Ni et al⁸ next performed studies to address whether or not c-kit plays a functional role in neointimal development. c-kit is a receptor tyrosine kinase whose kinase activity is responsive to the ligand stem cell factor (SCF). In cell culture studies Ni et al⁸ showed that SCF promotes c-kit⁺ AdvPC migration, but not proliferation or differentiation. Thus, SCF acts as a chemotactic factor for c-kit⁺ AdvPCs in vitro. To assess the role of c-kit activity in neointima formation, the authors used a c-kit function-blocking monoclonal antibody (ACK2) suspended in slow-release pluronic gel and applied to the adventitial side of the grafted segment. Four weeks after transplant neointimal area, relative cell number, and percent of neointimal SMC that are tdTomato⁺ were all reduced by treatment with monoclonal antibody ACK2.⁸

SMC Differentiation from Adventitial cKit-positive Cells Requires Metabolic Reprogramming

In addition to SCF, TGFβ was also increased in blood plasma and neointima of allograft transplanted mice.⁸ TGFβ stimulated differentiation of c-kit⁺ AdvPCs to SMCs. Differentiation was accompanied by increased glucose uptake and rapid acidification of the extracellular media by increased lactate production suggesting a shift to glycolytic metabolism. Next, the authors used 2-deoxy-glucose (2DG), a glucose analog that cannot be further metabolized, to block glycolysis. 2DG inhibited increases in Acta2, Cnn1, and Tagln expression indicative of a block to SMC differentiation in these cells. Moreover, siRNA-mediated knockdown of the rate-limiting glycolytic enzyme hexokinase-1 (HK1), but not HK2, also blocked c-kit⁺ cell differentiation to SMCs.

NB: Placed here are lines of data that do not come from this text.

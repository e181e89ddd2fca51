-- ===== src/Engine/Swell.antt =====
-- What the wave processor remembers, and what it commands.
use univac.Base.{◌≡◌, refl, sym, ap, ◌∙◌, true, Option, some, List, [], ◌∷◌, ◌++◌, length, ◌>>=◌}
use mathlib.Core.List.{append_assoc, append-nil}
use univac.Floats.{Floating, FloatLaws}
use univac.Floats.Math.{MathLib, MathLaws}
use univac.Engine.Bridge.{shift_in, zero_f}
use univac.Engine.Deck.{drop}
use univac.Engine.Limits.{Between, clamp_symmetric, rounded}
use univac.Engine.Waves.{
  WaveProcessor, WaveMetrics, WaveReport, new_processor, execute_feature_40_ar_filter,
  execute_feature_42_torque_attenuation, wave_matrix, process_wave_matrix,
}

-- The history behind some readings.
abbrev pub shift_all : {F : Type 0} → List F → List F → List F
shift_all [] h = h
shift_all (x ∷ xs) h = shift_all xs (shift_in x h)

shift_all-drop : {F : Type 0} (xs h : List F) → shift_all xs h ≡ drop (length xs) (h ++ xs)
shift_all-drop [] h = sym (append-nil h)
shift_all-drop (x ∷ xs) [] = shift_all-drop xs []
shift_all-drop (x ∷ xs) (y ∷ h) =
    shift_all-drop xs (h ++ (x ∷ [])) ∙ ap (drop (length xs)) (append_assoc h (x ∷ []) xs)

-- A call of the processor whose required keys are present.
pub record WaveInput (F : Type 0) : Type 0 where
  pub raw_bow : F
  pub base_torque_nm : F
  pub rudder_in_deg : F
  pub nominal_shaft_depth : Option F
  pub dt : F

abbrev pub metrics_of : {F : Type 0} → WaveInput F → WaveMetrics F
metrics_of i = record {
  bow_sensor_meters = some i.raw_bow;
  nominal_calculated_torque_nm = some i.base_torque_nm;
  unfiltered_rudder_deg = some i.rudder_in_deg;
  nominal_shaft_depth_meters = i.nominal_shaft_depth;
}

abbrev pub readings : {F : Type 0} → List (WaveInput F) → List F
readings [] = []
readings (i ∷ l) = i.raw_bow ∷ readings l

module _ {F : Type 0} ⦃fl : Floating F⦄ (laws : FloatLaws fl) (m : MathLib F)
    (mlaws : MathLaws fl m) where
  -- The report of the last call and the processor behind it, of a run of calls.
  abbrev pub wave_run :
      List (WaveInput F) → WaveInput F → WaveProcessor F → Option (WaveReport F × WaveProcessor F)
  wave_run [] i p = process_wave_matrix m (metrics_of i) i.dt p
  wave_run (c ∷ l) i p = process_wave_matrix m (metrics_of c) c.dt p >>= λ r. wave_run l i r.1

  -- The history behind the call, the torque within the rounded limits.
  abbrev pub SwellReport : F → List F → WaveReport F × WaveProcessor F → Type 0
  SwellReport max_torque history (r, p) =
      (p.elevation_history ≡ history)
      × Between laws m mlaws (fl.round 1 (fl.neg max_torque)) (fl.round 1 max_torque)
          r.command_motor_torque_nm

  -- The call's answer, with a report of this kind.
  abbrev pub Answers : F → List F → Option (WaveReport F × WaveProcessor F) → Type 0
  Answers max_torque history o =
      (out : WaveReport F × WaveProcessor F) × (o ≡ some out) × SwellReport max_torque history out

  wave_run-Answers :
      (l : List (WaveInput F)) (i : WaveInput F) (p : WaveProcessor F)
      → fl.le zero_f p.max_torque ≡ true
      → Answers p.max_torque
          (shift_all (readings l ++ (i.raw_bow ∷ [])) p.elevation_history)
          (wave_run l i p)
  unfolding process_wave_matrix wave_matrix execute_feature_40_ar_filter
      execute_feature_42_torque_attenuation
  wave_run-Answers [] i p h =
      (_, refl, (refl, rounded laws m mlaws 1 _ _ (clamp_symmetric laws m mlaws p.max_torque _ h)))
  wave_run-Answers (c ∷ l) i p h = wave_run-Answers l i _ h

  -- With a torque limit that is not negative, after any calls with the required keys, a call
  -- answers; the history is then the last five readings of the run, zeros standing for the missing
  -- ones, and the torque lies between the rounded negative and positive limit.
  pub process_wave_matrix-Answers :
      (diameter max_torque : F) (l : List (WaveInput F)) (i : WaveInput F)
      → fl.le zero_f max_torque ≡ true
      → let rs = readings l ++ (i.raw_bow ∷ []) in
        Answers max_torque
          (drop (length rs) ((zero_f ∷ zero_f ∷ zero_f ∷ zero_f ∷ zero_f ∷ []) ++ rs))
          (wave_run l i (new_processor diameter max_torque))
  unfolding new_processor
  process_wave_matrix-Answers diameter max_torque l i h =
      rw
        (← shift_all-drop (readings l ++ (i.raw_bow ∷ []))
          (zero_f ∷ zero_f ∷ zero_f ∷ zero_f ∷ zero_f ∷ []))
        (wave_run-Answers l i (new_processor diameter max_torque) h)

A link between products of cellular metabolism and epigenetic pathways critical for cell fate specification has been reported for endothelial cells¹⁷ but not for SMCs. Ni et al⁸ specifically tested a role for hexosamine-derived UDP-GlcNAc, a substrate for protein-O-GlcNAcylation, in SMC differentiation from c-kit⁺ AdvPCs in vitro. The authors found that both myocardin and SRF were O-GlcNAc modified in response to TGFβ stimulation, and that SMC differentiation was blocked by 6-diazo-5-oxo-L-norleucine (DON), an inhibitor of protein-O-GlnNAcylation. They conclude that metabolic reprogramming of adventitial progenitor cells is required for SMC differentiation in vitro.

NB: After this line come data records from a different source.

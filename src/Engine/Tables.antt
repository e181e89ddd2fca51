-- ===== src/Engine/Tables.antt =====
-- The tables are read inside their bounds.
use univac.Base.{
  ℕ, zero, suc, ◌≤◌, ◌-◌, ◌≡◌, refl, Bool, true, ◌&&◌, Option, some, List, [], ◌∷◌, get_elem?,
  length, ◌>>=◌, leb, all, arith,
}
use univac.Floats.{Floating, FloatLaws, clamp_bounds}
use univac.Engine.Bank.{
  bounding_index, depth_to_draft_axis, distance_to_beam_axis, cy_lookup_matrix, cn_lookup_matrix,
  cell, clamp_depth, clamp_distance, bilinear_interpolate, bank_coefficients,
}

-- A list answers below its length.
abbrev pub Returns {ℓ} : {A : Type ℓ} → Option A → Type ℓ
Returns {A} o = (a : A) × (o ≡ some a)

get_elem-Returns :
    {A : Type 0} (l : List A) (i : ℕ) → leb (suc i) (length l) ≡ true → Returns (get_elem? l i)
get_elem-Returns [] i h = ground arith
get_elem-Returns (x ∷ l) zero h = (x, refl)
get_elem-Returns (x ∷ l) (suc i) h = get_elem-Returns l i (ground arith)

bind-Returns :
    {A B : Type 0} {o : Option A} {f : A → Option B}
    → Returns o
    → ((a : A) → Returns (f a))
    → Returns (o >>= f)
bind-Returns (a, e) k = rw e (k a)

-- At least so many rows, each of at least so many cells.
abbrev pub is_table : {A : Type 0} → ℕ → ℕ → List (List A) → Bool
is_table rows columns matrix =
    leb rows (length matrix) && all (λ row. leb columns (length row)) matrix

wide_row :
    {A : Type 0} (n : ℕ) (matrix : List (List A)) (y : ℕ)
    → all (λ r. leb n (length r)) matrix ≡ true
    → leb (suc y) (length matrix) ≡ true
    → (row : List A) × (get_elem? matrix y ≡ some row) × (leb n (length row) ≡ true)
wide_row n [] y h k = ground arith
wide_row n (r ∷ m) zero h k = (r, refl, ground arith)
wide_row n (r ∷ m) (suc y) h k = wide_row n m y (ground arith) (ground arith)

cell-Returns :
    {F : Type 0} ⦃fl : Floating F⦄ (rows columns : ℕ) (matrix : List (List F)) (y x : ℕ)
    → is_table rows columns matrix ≡ true
    → suc y ≤ rows
    → suc x ≤ columns
    → Returns (cell matrix y x)
unfolding cell
cell-Returns rows columns matrix y x h hy hx =
    let (row, e, wide) = wide_row columns matrix y (ground arith) (ground arith) in
    rw e (get_elem-Returns row x (ground arith))

bounding_index_le :
    {F : Type 0} ⦃fl : Floating F⦄ (s : List F → F → ℕ) (axis : List F) (v : F)
    → bounding_index s axis v ≤ length axis - 2
unfolding bounding_index
bounding_index_le s axis v = ground arith

table_shapes :
    (F : Type 0) ⦃fl : Floating F⦄
    → (is_table {A = F} 7 6 cy_lookup_matrix ≡ true)
      × (is_table {A = F} 7 6 cn_lookup_matrix ≡ true)
unfolding cy_lookup_matrix cn_lookup_matrix
table_shapes F = (refl, refl)

module _ {F : Type 0} ⦃fl : Floating F⦄ where
  interpolate-Returns :
      (s : List F → F → ℕ) (depth_ratio distance_ratio : F) (matrix : List (List F))
      → is_table 7 6 matrix ≡ true
      → Returns (bilinear_interpolate s depth_ratio distance_ratio matrix)
  unfolding bilinear_interpolate depth_to_draft_axis distance_to_beam_axis
  interpolate-Returns s a b matrix h =
      let x_axis = depth_to_draft_axis in
      let y_axis = distance_to_beam_axis in
      let x = bounding_index s x_axis (clamp_depth a) in
      let y = bounding_index s y_axis (clamp_distance b) in
      let hx : x ≤ 4 = bounding_index_le s x_axis (clamp_depth a) in
      let hy : y ≤ 5 = bounding_index_le s y_axis (clamp_distance b) in
      bind-Returns (get_elem-Returns x_axis x (ground arith)) λ x0.
        bind-Returns (get_elem-Returns x_axis (suc x) (ground arith)) λ x1.
          bind-Returns (get_elem-Returns y_axis y (ground arith)) λ y0.
            bind-Returns (get_elem-Returns y_axis (suc y) (ground arith)) λ y1.
              bind-Returns (cell-Returns 7 6 matrix y x h (ground arith) (ground arith)) λ q00.
                bind-Returns (cell-Returns 7 6 matrix y (suc x) h (ground arith) (ground arith))
                  λ q10.
                    bind-Returns (cell-Returns 7 6 matrix (suc y) x h (ground arith) (ground arith))
                      λ q01.
                        bind-Returns
                          (cell-Returns 7 6 matrix (suc y) (suc x) h (ground arith) (ground arith))
                          λ q11. (_, refl)

  -- Whatever the ratios are, not a number included, and whatever the search of the axis answers,
  -- both coefficients are computed: no row or column outside the tables or the axes is read; and
  -- the ratios that are interpolated lie within the ends of the axes.
  pub bank_coefficients-Returns :
      (laws : FloatLaws fl) (s : List F → F → ℕ) (depth_ratio distance_ratio : F)
      → Returns (bank_coefficients s depth_ratio distance_ratio)
        × (fl.le (fl.lit 11 1) (clamp_depth depth_ratio) ≡ true)
        × (fl.le (clamp_depth depth_ratio) (fl.lit 40 1) ≡ true)
        × (fl.le (fl.lit 5 1) (clamp_distance distance_ratio) ≡ true)
        × (fl.le (clamp_distance distance_ratio) (fl.lit 50 1) ≡ true)
  unfolding bank_coefficients clamp_depth clamp_distance
  bank_coefficients-Returns laws s a b =
      let (y_shape, n_shape) = table_shapes F in
      let (d0, d1) =
        clamp_bounds laws (fl.lit 11 1) (fl.lit 40 1) a (laws.lit_mono 11 11 1 (omega arith))
          (laws.lit_mono 40 40 1 (omega arith)) (laws.lit_mono 11 40 1 (omega arith)) in
      let (e0, e1) =
        clamp_bounds laws (fl.lit 5 1) (fl.lit 50 1) b (laws.lit_mono 5 5 1 (omega arith))
          (laws.lit_mono 50 50 1 (omega arith)) (laws.lit_mono 5 50 1 (omega arith)) in
      (
        bind-Returns (interpolate-Returns s a b cy_lookup_matrix y_shape) λ c_y.
            bind-Returns (interpolate-Returns s a b cn_lookup_matrix n_shape) λ c_n. (_, refl),
        d0,
        d1,
        e0,
        e1,
      )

Summary and Questions Going Forward

Much additional work is needed to identify the metabolic pathways that control SMC differentiation. O-GlcNAc protein modification is reversible and the on/off kinetics of O-GlcNAcylation of SMC transcription factors will be a point of regulation needing further definition. In addition, the precise mechanisms by which metabolites modify SRF, myocardin, or various epigenetic targets involved in SMC differentiation need to be further characterized. If AdvPCs actually do function to repair artery walls, they would need to migrate within those walls to do so. Evidence is growing to suggest that the outer media and inner adventitia exhibit properties of a functional unit with demonstrable cell movements between compartments.^3,9 The present study adds to a number of previous reports^1,6,7 suggesting that AdvPCs in the mouse can move through the media and into the neointima, at least in severely injured or transplanted vessels. At the same time, recent reports of SMC clonal expansion in neointima formation leave open a possible role for rare medial cells that express AdvPC markers in vivo.^12,13,16 Future work will determine relative contributions of SMC progenitor cells resident in the media and the adventitia to maintenance, repair, and disease of the artery wall.